=== Exercise ===
Give the number of lines below that hold the string "factor", and nothing more.

=== Information ===
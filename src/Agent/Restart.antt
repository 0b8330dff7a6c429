-- ===== src/Agent/Restart.antt =====
-- `CrashInfo` and `RestartPolicyEvaluator` of crates/wasmatrix-agent/src/lib.rs. `u32` and `u64` wrap,
-- as in a release build; a `Duration` is its seconds.
pub mod Backoff
pub mod Decision
use wasmatrix.Prelude.{
  ℕ, ◌+◌, ◌-◌, ◌*◌, ◌%◌, ◌^◌, min, Option, none, some, unwrap_or, ltb, if◌then◌else◌,
}
use wasmatrix.Core.Types.{DateTime, RestartPolicy, RestartPolicyType, never, always, on_failure}

abbrev pub u32_mod : ℕ
u32_mod = 2 ^ 32

abbrev pub u64_mod : ℕ
u64_mod = 2 ^ 64

pub record CrashInfo : Type 0 where
  pub crash_count : ℕ
  pub last_crash_time : Option DateTime

abbrev pub new_crash_info : CrashInfo
new_crash_info = record { crash_count = 0; last_crash_time = none }

-- `CrashInfo::record_crash`
unfoldable pub count_crash : DateTime → CrashInfo → CrashInfo
count_crash now info = record {
  crash_count = (info.crash_count + 1) % u32_mod;
  last_crash_time = some now;
}

-- `saturating_sub(1)` is `-`, which stops at 0
unfoldable pub calculate_backoff : CrashInfo → ℕ → ℕ
calculate_backoff info base_seconds =
    min ((base_seconds * 2 ^ min (info.crash_count - 1) 8) % u64_mod) 300

-- the branch for the policy type, the log lines left out
unfoldable pub restart_by : RestartPolicyType → RestartPolicy → CrashInfo → Option ℕ
restart_by never policy info = none
restart_by always policy info = some 0
restart_by on_failure policy info = elim policy.max_retries [
  | some max_retries ↦
      if ltb max_retries info.crash_count
      then none
      else some (calculate_backoff info (unwrap_or policy.backoff_seconds 5))
  | none ↦ some (calculate_backoff info (unwrap_or policy.backoff_seconds 5))
]

unfoldable pub should_restart : RestartPolicy → CrashInfo → Option ℕ
unfolding restart_by
should_restart policy info = restart_by policy.policy_type policy info
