-- ===== src/Agent/Restart/Backoff.antt =====
-- Bounds and growth of the backoff delay.
use native.Mathlib.Nat.{pow-le-pow_right, mul-le-mul_left}
use wasmatrix.Prelude.{ℕ, ◌-◌, ◌*◌, ◌%◌, ◌^◌, ◌≤◌, ◌<◌, ◌≡◌, min, arith, ap}
use wasmatrix.Agent.Restart.{CrashInfo, u64_mod, calculate_backoff}

-- The delay is never above five minutes, whatever the base and the count.
pub calculate_backoff-le : (info : CrashInfo) (base : ℕ) → calculate_backoff info base ≤ 300
unfolding calculate_backoff
calculate_backoff-le info base = omega arith

abbrev pub factor : ℕ → ℕ
factor count = 2 ^ min (count - 1) 8

factor-le : (count : ℕ) → factor count ≤ 256
factor-le count =
    pow-le-pow_right {n = 2} (omega arith) {i = min (count - 1) 8} {j = 8} (omega arith)

exact_product : (base f : ℕ) → base * f < u64_mod → (base * f) % u64_mod ≡ base * f
exact_product base f small = omega arith

-- A base whose largest product fits 64 bits gives the delay that the comment in the code states:
-- the base times two to the number of earlier crashes, eight at most, and five minutes at most.
pub calculate_backoff-exact :
    (info : CrashInfo) (base : ℕ)
    → base * 256 < u64_mod
    → calculate_backoff info base ≡ min (base * factor info.crash_count) 300
unfolding calculate_backoff
calculate_backoff-exact info base small =
    let bound = mul-le-mul_left base (factor-le info.crash_count) in
    ap (λ d. min d 300) (exact_product base (factor info.crash_count) (omega arith))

=== Solution for this task ===
7